1. Introducción El cribado prenatal en el embarazo tiene como objetivo identificar a las mujeres con un riesgo aumentado de presentar cromosomopatías y defectos del tubo neural abierto en el feto. Se trata de métodos no invasivos, previos a los diagnósticos que se pueden realizar sólo a través de técnicas invasivas con una tasa de morbilidad no despreciable. A lo largo de los últimos años se han desarrollado diferentes estrategias de cribado, incluyendo parámetros bioquímicos y ecográficos de 1er y de 2º trimestre.
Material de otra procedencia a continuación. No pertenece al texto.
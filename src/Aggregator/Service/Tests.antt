-- ===== src/Aggregator/Service/Tests.antt =====
-- services/signal-aggregator/src/core at concrete inputs, in fixed-point numbers.
use market_app.Prelude.{String, ◌≡◌, ◌∷◌, [], true, false, ◌||◌, none, some, refl, String_eq}
use market_app.Prelude.Act.{done}
use market_app.Prelude.Dict.{get, put, keep_values}
use market_app.Prelude.Int.{pos, ◌-ℤ◌}
use market_app.Float.Fixed.{Fixed, fixed_float}
use market_app.Gates.Cost.{cap_tier_multiplier, is_profitable_after_costs, total_roundtrip_bps}
use market_app.Aggregator.Service.{
  AggregationResult, BufferedSignal, Env, Service, aggregate_entries, aggregate_symbol, decide,
  gate, live_entries, live_ml, prune_symbol, publish, select_levels, sorted_entries, insert_entry,
  weights_for,
}
use market_app.Aggregator.Service.Live.{IsLive}
use market_app.Aggregator.Service.Levels.{HasLevels, aggregate_levels}
use market_app.Aggregator.Vote.{combine, signed, votes}
use market_app.Aggregator.Weights.{Elementary, build, compute_weights, map_values}
use market_app.Aggregator.Window.{MlSignalGenerated, SignalGenerated, Window, is_pending}
use market_app.Aggregator.Window.Coalesce.{components_wait, concerns, handle_components, strategy}

-- No test computes an exponential or a root.
instance abbrev elementary : Elementary Fixed
elementary = record { exp_op = λ x. pos 10_000; sqrt_op = λ x. x; square_op = λ x. some x }

abbrev entry : BufferedSignal Fixed
entry = record {
  component = record { source = "strategy:momentum"; signal = "BUY"; confidence = pos 8_000 };
  price = some (pos 1_000_000);
  stop_loss = some (pos 960_000);
  take_profit = none;
  strategy_name = "momentum";
  at = pos 1_000_000;
}

abbrev service : Service Fixed
service = record {
  optimizer = record {
    sources = [];
    lookback_days = 60;
    smoothing_lambda = pos 20_000;
    min_weight = pos 500;
    max_weight = pos 6_000;
    performance = [];
  };
  cost = record {
    costs = record {
      spread_bps = pos 50_000;
      slippage_bps = pos 50_000;
      market_impact_bps = pos 20_000;
    };
    min_edge_multiple = pos 20_000;
  };
  buy_threshold = pos 2_000;
  base_edge_bps = pos 2_000_000;
  ttl_s = pos 864_000_000;
  buffer = ("AAPL", ("momentum", entry) ∷ []) ∷ [];
  ml_buffer = [];
  macro_bias = none;
  published = [];
}

abbrev env : Env Fixed
env = record {
  publishes = λ r. true;
  get_sector = λ symbol. done (some "Energy");
  now = pos 2_000_000;
}

abbrev result : AggregationResult Fixed
result = record {
  symbol = "AAPL";
  decision = record {
    signal = "BUY";
    confidence = pos 8_000;
    score = pos 8_000;
    weights = ("strategy:momentum", pos 10_000) ∷ [];
    cost_filtered = false;
  };
  components_present = "strategy:momentum" ∷ [];
  price = some (pos 1_000_000);
  stop_loss = some (pos 960_000);
  take_profit = none;
  strategy_name = some "momentum";
  sector = some "Energy";
}

abbrev after : Service Fixed
after = record service { published = result ∷ [] }

symbol_aggregated : aggregate_symbol env "AAPL" service ≡ (done (some result), after)
unfolding aggregate_symbol aggregate_entries live_entries prune_symbol sorted_entries insert_entry
    live_ml publish decide gate weights_for build map_values compute_weights combine votes signed
    select_levels is_profitable_after_costs total_roundtrip_bps cap_tier_multiplier get put
    keep_values ◌-ℤ◌
symbol_aggregated = refl

aggregate_levels_example :
    HasLevels (IsLive (pos 2_000_000) "AAPL" service) result × (after.published ≡ result ∷ [])
aggregate_levels_example = aggregate_levels env "AAPL" service after result symbol_aggregated

abbrev window : Window Fixed
window = record { service = service; join_window_s = pos 50_000; pending = [] }

abbrev arrived : SignalGenerated Fixed
arrived = record {
  symbol = "AAPL";
  strategy_name = "trend";
  signal = "SELL";
  confidence = pos 6_000;
  price = pos 1_000_000;
  stop_loss = none;
  take_profit = none;
  timestamp = pos 1_500_000;
}

components_wait_example :
    let w' = handle_components env (strategy arrived ∷ strategy arrived ∷ []) window in
    (w'.service.published ≡ [])
    × ((symbol : String)
        → is_pending symbol w'.pending ≡ (
            is_pending symbol []
            || concerns {F = Fixed} symbol (strategy arrived ∷ strategy arrived ∷ [])))
components_wait_example = components_wait env (strategy arrived ∷ strategy arrived ∷ []) window refl

abbrev vote : MlSignalGenerated Fixed
vote = record { symbol = "MSFT"; signal = "BUY"; confidence = pos 9_000; timestamp = pos 1_500_000 }
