-- ===== src/Backtest.antt =====
-- services/backtest/src/core: the positions that a rule takes bar by bar, and the recommendation
-- that a revalidation makes of them.
pub mod Positions
pub mod Revalidation
mod Tests
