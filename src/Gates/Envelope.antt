-- ===== src/Gates/Envelope.antt =====
-- shared/trading-common/src/trading_common/risk_envelope.py. The text of a reason is a constructor.
use market_app.Prelude.{
  ℕ, String, Bool, true, false, not, ◌&&◌, Option, none, some, leb, ltb, if◌then◌else◌, String_eq,
}
use market_app.Prelude.Dict.{Dict, get, is_some}
use market_app.Float.{Float, lt, le, abs, nought, one}

-- `Signal` of schemas.py.
pub data Signal : Type 0 where
  buy sell hold : Signal

-- The fields of `TradingSignal` that the gate reads.
pub record TradingSignal (F : Type 0) : Type 0 where
  pub signal : Signal
  pub confidence : F
  pub stop_loss : Option F

pub record RiskLimits (F : Type 0) : Type 0 where
  pub max_position_pct : F
  pub max_portfolio_exposure_pct : F
  pub max_single_loss_pct : F
  pub max_daily_loss_pct : F
  pub max_drawdown_pct : F
  pub max_correlated_positions : ℕ
  pub min_confidence : F

pub data GateReason : Type 0 where
  drawdown_exceeds daily_loss_exceeds confidence_below exposure_exceeds : GateReason
  sector_limit missing_stop_loss approved : GateReason

-- `sector_positions.get(sector, 0)`
abbrev pub count_of : String → Dict String ℕ → ℕ
count_of sector counts = elim (get sector counts) [ none ↦ 0 | some n ↦ n ]

abbrev pub sector_full : ℕ → Dict String ℕ → Option String → Bool
sector_full limit counts none = false
sector_full limit counts (some sector) = leb limit (count_of sector counts)

abbrev pub places_order : Signal → Bool
places_order hold = false
places_order _ = true

module _ {F : Type 0} ⦃fl : Float F⦄ where
  abbrev pub in_unit : F → Bool
  in_unit x = lt nought x && le x one

  -- `__post_init__`: `none` is ValueError.
  unfoldable pub new_limits : RiskLimits F → Option (RiskLimits F)
  new_limits l =
      if not (
        in_unit l.max_position_pct
        && in_unit l.max_portfolio_exposure_pct
        && in_unit l.max_single_loss_pct
        && in_unit l.max_daily_loss_pct
        && in_unit l.max_drawdown_pct
        && in_unit l.min_confidence)
      then none
      else if ltb l.max_correlated_positions 1
      then none
      else some l

  unfoldable pub check_signal :
      RiskLimits F → TradingSignal F → F → F → F → Dict String ℕ → Option String → Bool × GateReason
  check_signal l signal exposure_pct drawdown_pct daily_loss_pct sector_positions sector =
      if le l.max_drawdown_pct (abs drawdown_pct)
      then (false, drawdown_exceeds)
      else if le l.max_daily_loss_pct (abs daily_loss_pct)
      then (false, daily_loss_exceeds)
      else if lt signal.confidence l.min_confidence
      then (false, confidence_below)
      else if le l.max_portfolio_exposure_pct exposure_pct
      then (false, exposure_exceeds)
      else if sector_full l.max_correlated_positions sector_positions sector
      then (false, sector_limit)
      else if places_order signal.signal && not (is_some signal.stop_loss)
      then (false, missing_stop_loss)
      else (true, approved)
La estrategia utilizada en nuestro hospital se denomina cribado integrado, consiste en determinar diferentes marcadores: - En el 1er trimestre: ecográficos (translucencia nucal (TN), gemelaridad), bioquímicos en sangre materna (proteína plasmática A asociada al embarazo (PAPP-A)) y epidemiológicos (edad de la madre, antecedentes, etnia). - En el 2º trimestre: bioquímicos (α fetoproteína (AFP) y gonadotropina coriónica humana total (HCG)). En nuestro caso, esta combinación de marcadores permite determinar el riesgo de que el feto tenga una trisomía 21, con una sensibilidad del 90% fijando una tasa de falsos positivos del 5% (1). Su principal desventaja reside en que el resultado no se conoce hasta el 2º trimestre (semana 15) y la elección de interrupción legal del embarazo se retrasa en el tiempo.
2. Exposición del caso 2.1 Anamnesis y exploración física Se presenta el caso de una mujer embarazada de 31 años (antecedentes obstétricos: gestación 2, parto 1) actualmente en tratamiento con yodocefol y sin antecedentes personales de interés. La paciente fue derivada al laboratorio desde la consulta externa de Obstetricia para realización del screening prenatal. El cribado prenatal reveló unos valores de PAPP-A de 0,51 U/l (Múltiplo de la mediana (MoM) = 1.23), TN de 0,8 mm, AFP de 160,5 ng/ml (MoM = 5,05) y HCG de 1.248.398 mUI/ml (MoM = 32,3). El cálculo del riesgo fue normal: riesgo de trisomía 18 = 1/10000 y riesgo de trisomía 21 = 1/10000 (valor de referencia <1/270). Los mismos resultados se confirmaron en otra analítica posterior. La ecografía exploratoria objetivó un feto único vivo, quistes tecaluteínicos bilaterales, hidramnios moderados y ningún signo de degeneración molar.
290
Laboratorio y enfermedad. CASOS CLÍNICOS
2.2 A la vista de la historia clínica, ¿Qué diagnóstico diferencial plantearía? Niveles anormales de HCG durante el embarazo deben hacer sospechar y orientar el diagnóstico diferencial hacia: - Amenaza de aborto - Embarazo ectópico - Enfermedad trofoblástica gestacional Altos niveles de HCG en sangre materna descartan tanto una amenaza de aborto como un embarazo ectópico. Éste último queda excluido, además, por la observación ecográfica de un embarazo intrauterino. La detección de niveles extraordinariamente altos de HCG deben hacer sospechar de una enfermedad trofoblástica gestacional. Para evaluar correctamente el nivel de HCG, éste debe referirse a los valores de normalidad propios de la edad gestacional, determinada mediante los datos biométricos fetales obtenidos por ecografía. En el momento de la cuantificación de HCG la ecografía determinó una edad gestacional de 15 semanas + 3 días, cuyos valores de referencia correspondientes son 12.000-71.000 mUI/ml (2). Por lo tanto, la paciente presentó niveles claramente elevados: el múltiplo de la mediana fue de 32,3.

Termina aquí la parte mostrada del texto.